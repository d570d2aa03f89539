-- ===== src/Internal/Trace/Written.antt =====
-- What is written of a span's context, and what is read back of it.
use Prim.Native.String.{◌++◌}
use mathlib.Core.Option
use durabletask_rs.Prelude.{
  ℕ, ◌<◌, ◌≡◌, refl, ap, ◌∙◌, String, true, Option, none, some, [], ◌∷◌, if◌then◌else◌, ◌==◌,
  string_eq, ltb, Bool-cases, inl, inr,
}
use durabletask_rs.Prelude.Decimal.{to_string}
use durabletask_rs.Prelude.Outcome.{returns}
use durabletask_rs.Prelude.Text.{split, split-lacks}
use durabletask_rs.Proto.{TraceContext}
use durabletask_rs.Internal.Trace.{
  TraceApi, SpanContext, parts_context, span_context_from_trace_context, trace_context_from_span,
  context_from_trace_context, state_of, then_state, context_of, remote_outcome,
}
use durabletask_rs.Internal.Trace.Flags.{
  reread, u8_from_hex-to_string, lacks-to_string, split_dash, split_version,
}

module _ {TraceId SpanId TraceState : Type 0} (api : TraceApi TraceId SpanId TraceState) where
  -- The text that is written has four parts.
  split_parent :
      (trace_id : TraceId) (span_id : SpanId) (flags : ℕ)
      → flags < 256
      → split b'-' (
          "00-"
          ++ (api.trace_id_text trace_id
              ++ ("-" ++ (api.span_id_text span_id ++ ("-" ++ to_string flags)))))
        ≡ "00" ∷ api.trace_id_text trace_id ∷ api.span_id_text span_id ∷ to_string flags ∷ []
  split_parent trace_id span_id flags h =
      let after_ids =
        split_dash (api.span_id_text span_id) (to_string flags) (api.lacks-span_id_text span_id)
        ∙ ap (api.span_id_text span_id ∷◌)
            (split-lacks b'-' (to_string flags) (lacks-to_string flags h)) in
      split_version _
      ∙ ap ("00" ∷◌) (
          split_dash (api.trace_id_text trace_id) _ (api.lacks-trace_id_text trace_id)
          ∙ ap (api.trace_id_text trace_id ∷◌) after_ids)

  -- The written text of flags is read to the base 16, and a context that was read is remote.
  abbrev pub read_back :
      SpanContext TraceId SpanId TraceState → Option (SpanContext TraceId SpanId TraceState)
  read_back span =
      Option.map (λ (flags : ℕ). record span { trace_flags = flags; is_remote = true })
        (reread span.trace_flags)

  abbrev pub header_of : TraceState → Option String
  header_of state =
      if api.trace_state_header state == "" then none else some (api.trace_state_header state)

  abbrev written : SpanContext TraceId SpanId TraceState → TraceContext
  written span = record {
    trace_parent =
        "00-"
        ++ (api.trace_id_text span.trace_id
            ++ ("-" ++ (api.span_id_text span.span_id ++ ("-" ++ to_string span.trace_flags))));
    span_id = "";
    trace_state = header_of span.trace_state;
  }

  trace_context_from_span-written :
      (span : SpanContext TraceId SpanId TraceState)
      → api.is_sampled span.trace_flags ≡ true
      → trace_context_from_span api (some span) ≡ some (written span)
  unfolding trace_context_from_span
  trace_context_from_span-written span h = rw h refl

  -- A state that is written is read back, and no header stands for the default state.
  state_of-header_of :
      (t : TraceId) (s : SpanId) (flags : ℕ) (state : TraceState)
      → state_of api t s flags (header_of state) ≡ returns (some (context_of api t s state flags))
  state_of-header_of t s flags state = elim (Bool-cases (api.trace_state_header state == "")) [
    | inl e ↦ rw (e, api.trace_state_header_empty state ((string_eq.eq_iff _ _).0 e)) refl
    | inr e ↦ rw (e, api.trace_state_from_str-trace_state_header state) refl
  ]

  read_flags :
      (span : SpanContext TraceId SpanId TraceState)
      → then_state api span.trace_id span.span_id
          (header_of span.trace_state)
          (reread span.trace_flags)
        ≡ returns (read_back span)
  read_flags span = elim (Bool-cases (ltb span.trace_flags 100)) [
    | inl e ↦ rw (e, state_of-header_of) refl
    | inr e ↦ rw e refl
  ]

  span_context_from_trace_context-written :
      (span : SpanContext TraceId SpanId TraceState)
      → span.trace_flags < 256
      → span_context_from_trace_context api (written span) ≡ returns (read_back span)
  unfolding span_context_from_trace_context
  span_context_from_trace_context-written span h =
      ap (parts_context api (written span))
        (split_parent span.trace_id span.span_id span.trace_flags h)
      ∙ rw
          (
            api.trace_id_from_hex-trace_id_text,
            api.span_id_from_hex-span_id_text,
            u8_from_hex-to_string span.trace_flags h,
          )
          (read_flags span)

  -- What is written of a sampled span's context is read back: the ids and the state as they were, and
  -- the decimal text of the flags to the base 16, so flags below 10 as they were, flags from 10 to
  -- 99 as others, and of flags from 100 on nothing is read. The flags are a byte.
  pub span_context_from_trace_context-trace_context_from_span :
      (span : SpanContext TraceId SpanId TraceState)
      → span.trace_flags < 256
      → api.is_sampled span.trace_flags ≡ true
      → Option.map (span_context_from_trace_context api) (trace_context_from_span api (some span))
        ≡ some (returns (read_back span))
  span_context_from_trace_context-trace_context_from_span span h sampled =
      rw (trace_context_from_span-written span sampled)
        (ap some (span_context_from_trace_context-written span h))

  module _ {Context : Type 0}
      (with_remote : Context → SpanContext TraceId SpanId TraceState → Context) where
    with_trace_state :
        (ctx : Context) (tc : TraceContext) (state : String)
        → tc.trace_state ≡ some state
        → context_from_trace_context api with_remote ctx tc
          ≡ remote_outcome api with_remote ctx (span_context_from_trace_context api tc)
    unfolding context_from_trace_context
    with_trace_state ctx tc state h = rw h refl

    without_trace_state :
        (ctx : Context) (tc : TraceContext)
        → tc.trace_state ≡ none
        → context_from_trace_context api with_remote ctx tc ≡ returns (some ctx)
    unfolding context_from_trace_context
    without_trace_state ctx tc h = rw h refl

    context_from_trace_context-written :
        (ctx : Context) (span : SpanContext TraceId SpanId TraceState)
        → span.trace_flags < 256
        → context_from_trace_context api with_remote ctx (written span)
          ≡ returns (
              if api.trace_state_header span.trace_state == ""
              then some ctx
              else Option.map (with_remote ctx) (read_back span))
    context_from_trace_context-written ctx span h =
        elim (Bool-cases (api.trace_state_header span.trace_state == "")) [
          | inl e ↦ without_trace_state ctx (written span) (rw e refl) ∙ (rw e refl)
          | inr e ↦
              with_trace_state ctx (written span) (api.trace_state_header span.trace_state)
                (rw e refl)
              ∙ ap (remote_outcome api with_remote ctx)
                  (span_context_from_trace_context-written span h)
              ∙ (rw e refl)
        ]

    -- A context that was written of a sampled span is the parent of what is read into another
    -- context only where the span's trace state has a header; where its header is empty, as that of
    -- the default state may be, the other context comes back as it was. The flags are a byte.
    pub context_from_trace_context-trace_context_from_span :
        (ctx : Context) (span : SpanContext TraceId SpanId TraceState)
        → span.trace_flags < 256
        → api.is_sampled span.trace_flags ≡ true
        → Option.map
            (context_from_trace_context api with_remote ctx)
            (trace_context_from_span api (some span))
          ≡ some (
              returns (
                if api.trace_state_header span.trace_state == ""
                then some ctx
                else Option.map (with_remote ctx) (read_back span)))
    context_from_trace_context-trace_context_from_span ctx span h sampled =
        rw (trace_context_from_span-written span sampled)
          (ap some (context_from_trace_context-written ctx span h))
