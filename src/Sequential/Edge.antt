-- ===== src/Sequential/Edge.antt =====
-- Histories at which the executor and the meaning of an orchestrator part.
use durabletask_rs.Prelude.{
  ◌<◌, ◌≡◌, refl, ap, ◌∙◌, ◌++◌, String, Option, none, some, List, [], ◌∷◌, arith,
}
use durabletask_rs.Prelude.Int.{ℤ, pos, i32_max, i32_succ}
use durabletask_rs.Prelude.HashMap.{insert, remove, lookup}
use durabletask_rs.Prelude.Outcome.{returns, panics, resumed_after_completion, ◌>>=◌}
use durabletask_rs.Prelude.Result.{ok}
use durabletask_rs.Task.{CompletableTask, new_task}
use durabletask_rs.Proto.{Timestamp, HistoryEvent}
use durabletask_rs.Internal.Events.{new_execution_started_event, new_task_completed_event}
use durabletask_rs.Types.Context.{Events, Host, World, new_context, send_request, start_task}
use durabletask_rs.Types.Async.{Async, output, finished, await_task, poll_async}
use durabletask_rs.Types.Function.{OrchestratorResult, OrchestratorFunction}
use durabletask_rs.Registry.{Registry, get_orchestrator}
use durabletask_rs.Executor.Context.{new_executor_context, get_actions, drain}
use durabletask_rs.Executor.Poll.{drop_held, poll_unwrap}
use durabletask_rs.Executor.Event.{complete_task}
use durabletask_rs.Executor.Execute.{round, process_events, execute}
use durabletask_rs.Executor.Replay.{execute-append, process_events-append}
use durabletask_rs.Executor.Quiet.{AreQuiet, Rests, resting, process_events-Rests}
use durabletask_rs.Sequential.FanOut.{start_all}
use durabletask_rs.Sequential.{
  Request, request_action, reply, start_request, asked_event, replied_event,
}
use durabletask_rs.Sequential.Poll.{idle_world, poll_start, i32_succ_below}
use durabletask_rs.Sequential.Round.{context, round_asked, round_replied}
use durabletask_rs.Sequential.Replay.{round_started, zero_time}

module _ {Chan Act : Type 0} (host : Host Chan) (registry : Registry Act) (id : String)
    (now : Timestamp) (uuid name : String) (input : Option String) (f : OrchestratorFunction)
    (found : get_orchestrator registry name ≡ some f) where
  abbrev start : HistoryEvent
  start = new_execution_started_event now uuid name id input none none none

  -- Code that starts requests and returns does so at its first poll, and changes no event.
  poll_started :
      (result : OrchestratorResult String) (requests : List Request)
      (k : List CompletableTask → Async (OrchestratorResult String)) (w : World Chan)
      → ((tasks : List CompletableTask) → k tasks ≡ output result)
      → (w' : World Chan) × (poll_async host (start_all requests k) w
          ≡ returns (finished result, w'))
  unfolding poll_async
  poll_started result [] k w h = (w, rw (h []))
  poll_started result (q ∷ requests) k w h =
      let (task, sent) = send_request host (request_action host.clock q) w in
      let (w', e) = poll_started result requests (λ tasks. k (task ∷ tasks)) sent (λ tasks. h _) in
      (w', poll_start host q _ w ∙ e)

  -- The round of the start: the future is dropped with all that it sent.
  round_returned :
      (result : OrchestratorResult String) (requests : List Request) (time : Timestamp)
      (received : Events)
      → f (new_context id input) ≡ start_all requests (λ tasks. output result)
      → (channels : List Chan) × Rests none
          (pos 0)
          channels
          (round host registry id start (resting none (pos 0) [] time received))
  unfolding round new_execution_started_event drain
  round_returned result requests time received code =
      let (w, e) =
        poll_started result requests (λ tasks. output result)
          (record { octx = new_context id input; received_events = received; channels = [] })
          (λ tasks. refl) in
      (drop_held host w.held w.channels, (time, w.received_events, rw (found, code, e)))

  -- An orchestrator that starts any requests and returns without awaiting one is never completed:
  -- the executor answers no action, neither its result nor its requests, whatever it returned. Before
  -- and after its start there may be any events at which the executor does not poll, but no
  -- termination and no other start, and the history may be cut anywhere.
  pub execute_returned_at_once :
      (result : OrchestratorResult String) (requests : List Request)
      (before after old_events new_events : List HistoryEvent)
      → f (new_context id input) ≡ start_all requests (λ tasks. output result)
      → AreQuiet before
      → AreQuiet after
      → old_events ++ new_events ≡ before ++ start ∷ after
      → execute host registry id old_events new_events ≡ returns (ok [])
  unfolding execute process_events new_executor_context get_actions
  execute_returned_at_once result requests before after old_events new_events code q q' cut =
      let (time, received, e) =
        process_events-Rests host registry id none (pos 0) [] before zero_time [] q in
      let (channels, (time', received', e')) = round_returned result requests time received code in
      let (time'', received'', e'') =
        process_events-Rests host registry id none (pos 0) channels after time' received' q' in
      execute-append host registry id old_events new_events
      ∙ ap (execute host registry id []) cut
      ∙ rw (
        process_events-append host registry id before (start ∷ after) new_executor_context,
        e,
        e',
        e'',
      )

  one_below : 1 < i32_max
  unfolding i32_max
  one_below = omega arith

  module _ (q : Request) (k : String → Async (OrchestratorResult String))
      (code : f (new_context id input) ≡ start_request q (λ task. await_task task k)) where
    -- The context after the first reply.
    after_reply :
        (r : String) (rest_events : List HistoryEvent)
        → (rest : List Chan) × (process_events host registry id
              (start
                ∷ asked_event host.clock now q (pos 1)
                ∷ replied_event host.clock now q (pos 1) r
                ∷ rest_events)
              new_executor_context
            ≡ (poll_unwrap host
                  (context host id input zero_time 1 (some (k (reply q r))) [] [] [] rest)
                >>= (λ c. returns (drain host c))
                >>= process_events host registry id rest_events))
    unfolding process_events
    after_reply r rest_events =
        let (rest, e) = round_replied host id input zero_time registry now q k 0 [] r in
        (
          rest,
          rw (
            round_started host registry id now uuid name input f q k found code,
            round_asked host id input zero_time registry now q k 0 [],
            e,
          ),
        )

    -- An orchestrator that starts a request and returns without awaiting it, in the poll after the
    -- first reply: the request has the number of the completion and replaces it, so the orchestration
    -- is never completed.
    pub execute_completion_lost :
        (r : String) (last : Request) (result : OrchestratorResult String)
        → k (reply q r) ≡ start_request last (λ task. output result)
        → execute host registry id [] (
            start
            ∷ asked_event host.clock now q (pos 1)
            ∷ replied_event host.clock now q (pos 1) r
            ∷ [])
          ≡ returns (ok (request_action host.clock last (pos 2) ∷ []))
    unfolding execute process_events new_executor_context poll_unwrap poll_async send_request drain
        insert lookup get_actions start_task new_task i32_succ
    execute_completion_lost r last result e =
        let (rest, p) = after_reply r [] in
        rw (
          p,
          e,
          poll_start host last (λ task. output result) (idle_world host id input [] 1 [] rest),
          i32_succ_below 1 one_below,
        )

    -- An activity's result that comes after the orchestrator has returned: the executor polls the
    -- future again, and panics.
    pub execute_polled_again :
        (r : String) (result : OrchestratorResult String) (task_id : ℤ) (late : Option String)
        → k (reply q r) ≡ output result
        → execute host registry id [] (
            start
            ∷ asked_event host.clock now q (pos 1)
            ∷ replied_event host.clock now q (pos 1) r
            ∷ new_task_completed_event now task_id late
            ∷ [])
          ≡ panics resumed_after_completion
    unfolding execute process_events new_executor_context poll_unwrap poll_async drain insert lookup
        remove round complete_task new_task_completed_event
    execute_polled_again r result task_id late e =
        let (rest, p) = after_reply r (new_task_completed_event now task_id late ∷ []) in rw (p, e)
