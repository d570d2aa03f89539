-- ===== src/Sequential/FanOut/Start.antt =====
-- The first poll of code that starts all of its requests, and what the executor takes from it.
use durabletask_rs.Prelude.{
  ℕ, zero, suc, ◌+◌, ◌<◌, ◌≡◌, refl, ap, ◌∙◌, String, Option, List, [], ◌∷◌, ◌++◌, map, length,
  get_or, length-append, arith,
}
use durabletask_rs.Prelude.Int.{ℤ, pos, i32_max}
use durabletask_rs.Proto.{OrchestratorAction}
use durabletask_rs.Task.{CompletableTask, new_task}
use durabletask_rs.Types.Context.{Host, World, OrchestratorContext, send_request, start_task}
use durabletask_rs.Types.Async.{Async, poll_async}
use durabletask_rs.Sequential.{Request, request_action, start_request}
use durabletask_rs.Sequential.Poll.{task_on, fresh, poll_start, i32_succ_below}
use durabletask_rs.Sequential.FanOut.{start_all, indices}

-- A default that is put last is read as the default everywhere.
get_or-append_default {ℓ} :
    {A : Type ℓ} (xs : List A) (i : ℕ) (d : A) → get_or (xs ++ d ∷ []) i d ≡ get_or xs i d
get_or-append_default [] zero d = refl
get_or-append_default [] (suc i) d = refl
get_or-append_default (x ∷ xs) zero d = refl
get_or-append_default (x ∷ xs) (suc i) d = get_or-append_default xs i d

module _ {Chan : Type 0} (host : Host Chan) (id : String) (input : Option String)
    (requests : ℕ → Request) where
  -- What was sent once the first `j` requests were started, and what the code holds.
  abbrev pub action_of : ℕ → OrchestratorAction
  action_of j = request_action host.clock (requests j) (pos (suc j))

  abbrev pub sent_actions : ℕ → List (ℤ × OrchestratorAction)
  sent_actions zero = []
  sent_actions (suc j) = sent_actions j ++ (pos (suc j), action_of j) ∷ []

  abbrev pub sent_tasks : ℕ → List (ℤ × ℕ)
  sent_tasks zero = []
  sent_tasks (suc j) = sent_tasks j ++ (pos (suc j), j) ∷ []

  abbrev pub receivers : ℕ → List ℕ
  receivers zero = []
  receivers (suc j) = j ∷ receivers j

  abbrev pub fresh_channels : ℕ → List Chan
  fresh_channels zero = []
  fresh_channels (suc j) = fresh_channels j ++ fresh host ∷ []

  pub length-fresh_channels : (j : ℕ) → length (fresh_channels j) ≡ j
  length-fresh_channels zero = refl
  length-fresh_channels (suc j) =
      omega (arith, length-append (fresh_channels j) (fresh host ∷ []), length-fresh_channels j)

  pub get_or-fresh_channels : (j i : ℕ) → get_or (fresh_channels j) i (fresh host) ≡ fresh host
  get_or-fresh_channels zero i = refl
  get_or-fresh_channels (suc j) i =
      get_or-append_default (fresh_channels j) i (fresh host) ∙ get_or-fresh_channels j i

  abbrev pub octx_at : ℕ → OrchestratorContext
  octx_at j = record {
    instance_id = id;
    input = input;
    sequence_number = pos j;
    actions_tx = sent_actions j;
    tasks_tx = sent_tasks j;
    events_tx = [];
    held = receivers j;
  }

  abbrev pub world_at : ℕ → World Chan
  world_at j = record { octx = octx_at j; received_events = []; channels = fresh_channels j }

  start_one :
      {A : Type 0} (j : ℕ) (k : CompletableTask → Async A)
      → j < i32_max
      → poll_async host (start_request (requests j) k) (world_at j)
        ≡ poll_async host (k (task_on j)) (world_at (suc j))
  unfolding send_request start_task new_task
  start_one j k h =
      poll_start host (requests j) k (world_at j) ∙ rw (i32_succ_below j h, length-fresh_channels j)

  pub poll-start_all :
      {A : Type 0} (n left j : ℕ) (k : List CompletableTask → Async A)
      → left + j ≡ n
      → n < i32_max
      → poll_async host (start_all (map requests (indices left j)) k) (world_at j)
        ≡ poll_async host (k (map task_on (indices left j))) (world_at n)
  poll-start_all n zero j k sum few =
      let same : j ≡ n = omega arith in ap (λ m. poll_async host (k []) (world_at m)) same
  poll-start_all n (suc left) j k sum few =
      start_one j _ (omega arith)
      ∙ poll-start_all n left (suc j) (λ tasks. k (task_on j ∷ tasks)) (omega arith) few
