-- ===== src/Sequential/FanOut/Drain.antt =====
-- What the executor takes from the code's first poll, and the events that acknowledge the requests.
use durabletask_rs.Prelude.{
  ℕ, zero, suc, ◌<◌, ◌≤◌, ◌≡◌, refl, ap, ◌∙◌, String, true, false, Option, none, some, List, [],
  ◌∷◌, ◌++◌, All, arith, Bool-cases, inl, inr, nat_beq, nat_beq_iff,
}
use durabletask_rs.Prelude.Int.{int_beq, ℤ, pos, int_eq}
use durabletask_rs.Prelude.HashMap.{HashMap, lookup, insert, remove, lookup-insert}
use durabletask_rs.Prelude.HashMap.All.{All-insert}
use durabletask_rs.Proto.{OrchestratorAction}
use durabletask_rs.Types.Context.{Host}
use durabletask_rs.Executor.Context.{OrchestrationExecutorContext, drain_actions, drain_tasks}
use durabletask_rs.Sequential.{Request}
use durabletask_rs.Sequential.FanOut.Start.{action_of, sent_actions, sent_tasks}

-- The executor's map of tasks once the first `j` requests were taken.
abbrev pub tasks_map : ℕ → HashMap ℤ ℕ
tasks_map zero = []
tasks_map (suc j) = insert (pos (suc j)) j (tasks_map j)

pub lookup-tasks_map : (i j : ℕ) → i < j → lookup (pos (suc i)) (tasks_map j) ≡ some i
unfolding lookup
lookup-tasks_map i zero h = absurd (omega arith)
lookup-tasks_map i (suc j) h =
    rw (lookup-insert (pos (suc j)) (pos (suc i)) j (tasks_map j))
      (elim (Bool-cases (nat_beq (suc j) (suc i))) [
        | inl e ↦ rw e (ap some (omega (arith, (nat_beq_iff (suc j) (suc i)).0 e)))
        | inr e ↦ rw e (lookup-tasks_map i j (ground (arith, e)))
      ])

lookup-tasks_map_later : (i j : ℕ) → j ≤ i → lookup (pos (suc i)) (tasks_map j) ≡ none
unfolding lookup
lookup-tasks_map_later i zero h = refl
lookup-tasks_map_later i (suc j) h =
    let other : nat_beq (suc j) (suc i) ≡ false = ground arith in
    rw (lookup-insert (pos (suc j)) (pos (suc i)) j (tasks_map j), other)
      (lookup-tasks_map_later i j (omega arith))

module _ {Chan : Type 0} (host : Host Chan) where
  drain_actions-append :
      (xs ys : List (ℤ × OrchestratorAction)) (c : OrchestrationExecutorContext Chan)
      → drain_actions (xs ++ ys) c ≡ drain_actions ys (drain_actions xs c)
  unfolding drain_actions
  drain_actions-append [] ys c = refl
  drain_actions-append ((n, a) ∷ xs) ys c = drain_actions-append xs ys _

  drain_tasks-append :
      (xs ys : List (ℤ × ℕ)) (c : OrchestrationExecutorContext Chan)
      → drain_tasks host (xs ++ ys) c ≡ drain_tasks host ys (drain_tasks host xs c)
  unfolding drain_tasks
  drain_tasks-append [] ys c = refl
  drain_tasks-append ((n, a) ∷ xs) ys c = drain_tasks-append xs ys _

  module _ (id : String) (input : Option String) (requests : ℕ → Request) where
    -- The maps of the executor once the first `j` requests were taken.
    abbrev pub actions_map : ℕ → HashMap ℤ OrchestratorAction
    actions_map zero = []
    actions_map (suc j) = insert (pos (suc j)) (action_of host id input requests j) (actions_map j)

    pub drain_actions_lem :
        (j : ℕ) (c : OrchestrationExecutorContext Chan)
        → c.pending_actions ≡ []
        → c.sequence_number ≡ pos 0
        → drain_actions (sent_actions host id input requests j) c
          ≡ record c { pending_actions = actions_map j; sequence_number = pos j }
    unfolding drain_actions
    drain_actions_lem zero c empty start = cc
    drain_actions_lem (suc j) c empty start =
        drain_actions-append (sent_actions host id input requests j) _ c
        ∙ ap (drain_actions ((pos (suc j), action_of host id input requests j) ∷ []))
            (drain_actions_lem j c empty start)

    pub drain_tasks_lem :
        (j : ℕ) (c : OrchestrationExecutorContext Chan)
        → c.pending_tasks ≡ []
        → drain_tasks host (sent_tasks host id input requests j) c
          ≡ record c { pending_tasks = tasks_map j }
    unfolding drain_tasks
    drain_tasks_lem zero c empty = cc
    drain_tasks_lem (suc j) c empty =
        drain_tasks-append (sent_tasks host id input requests j) _ c
        ∙ ap (drain_tasks host ((pos (suc j), j) ∷ [])) (drain_tasks_lem j c empty)
        ∙ rw (lookup-tasks_map_later j j (omega arith)) refl

-- The keys of the requests from `j` on.
module _ (n : ℕ) where
  abbrev pub IsFrom : ℕ → ℤ × OrchestratorAction → Type 0
  IsFrom j entry = (i : ℕ) × (j ≤ i) × (i < n) × (entry.0 ≡ pos (suc i))

  pub remove-IsFrom :
      (j : ℕ) (m : HashMap ℤ OrchestratorAction)
      → All (IsFrom j) m
      → All (IsFrom (suc j)) (remove (pos (suc j)) m)
  unfolding remove
  remove-IsFrom j [] h = tt
  remove-IsFrom j ((key, a) ∷ m) ((i, le, lt, e), h) = elim (Bool-cases (nat_beq i j)) [
    | inl same ↦
        let found : int_beq key (pos (suc j)) ≡ true = rw (e) (ground (arith, same)) in
        rw found (remove-IsFrom j m h)
    | inr differ ↦
        let kept : int_beq key (pos (suc j)) ≡ false = rw (e) (ground (arith, differ)) in
        rw kept ((i, ground (arith, differ), lt, e), remove-IsFrom j m h)
  ]

  pub none_left : (m : HashMap ℤ OrchestratorAction) → All (IsFrom n) m → m ≡ []
  none_left [] h = refl
  none_left (entry ∷ m) ((i, le, lt, e), h) = absurd (omega arith)

module _ {Chan : Type 0} (host : Host Chan) (id : String) (input : Option String)
    (requests : ℕ → Request) (n : ℕ) where
  pub actions_map-IsFrom : (j : ℕ) → j ≤ n → All (IsFrom n 0) (actions_map host id input requests j)
  actions_map-IsFrom zero h = tt
  actions_map-IsFrom (suc j) h =
      All-insert (IsFrom n 0) (pos (suc j)) _ _ (j, omega arith, omega arith, refl)
        (actions_map-IsFrom j (omega arith))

--- HOW TO COMPLETE THIS TASK ---
Find the string "false" in the listing and return every line that holds it.

--- RESPONSE TO THIS EXERCISE ---
  ℕ, zero, suc, ◌<◌, ◌≤◌, ◌≡◌, refl, ap, ◌∙◌, String, true, false, Option, none, some, List, [],
    let other : nat_beq (suc j) (suc i) ≡ false = ground arith in
        let kept : int_beq key (pos (suc j)) ≡ false = rw (e) (ground (arith, differ)) in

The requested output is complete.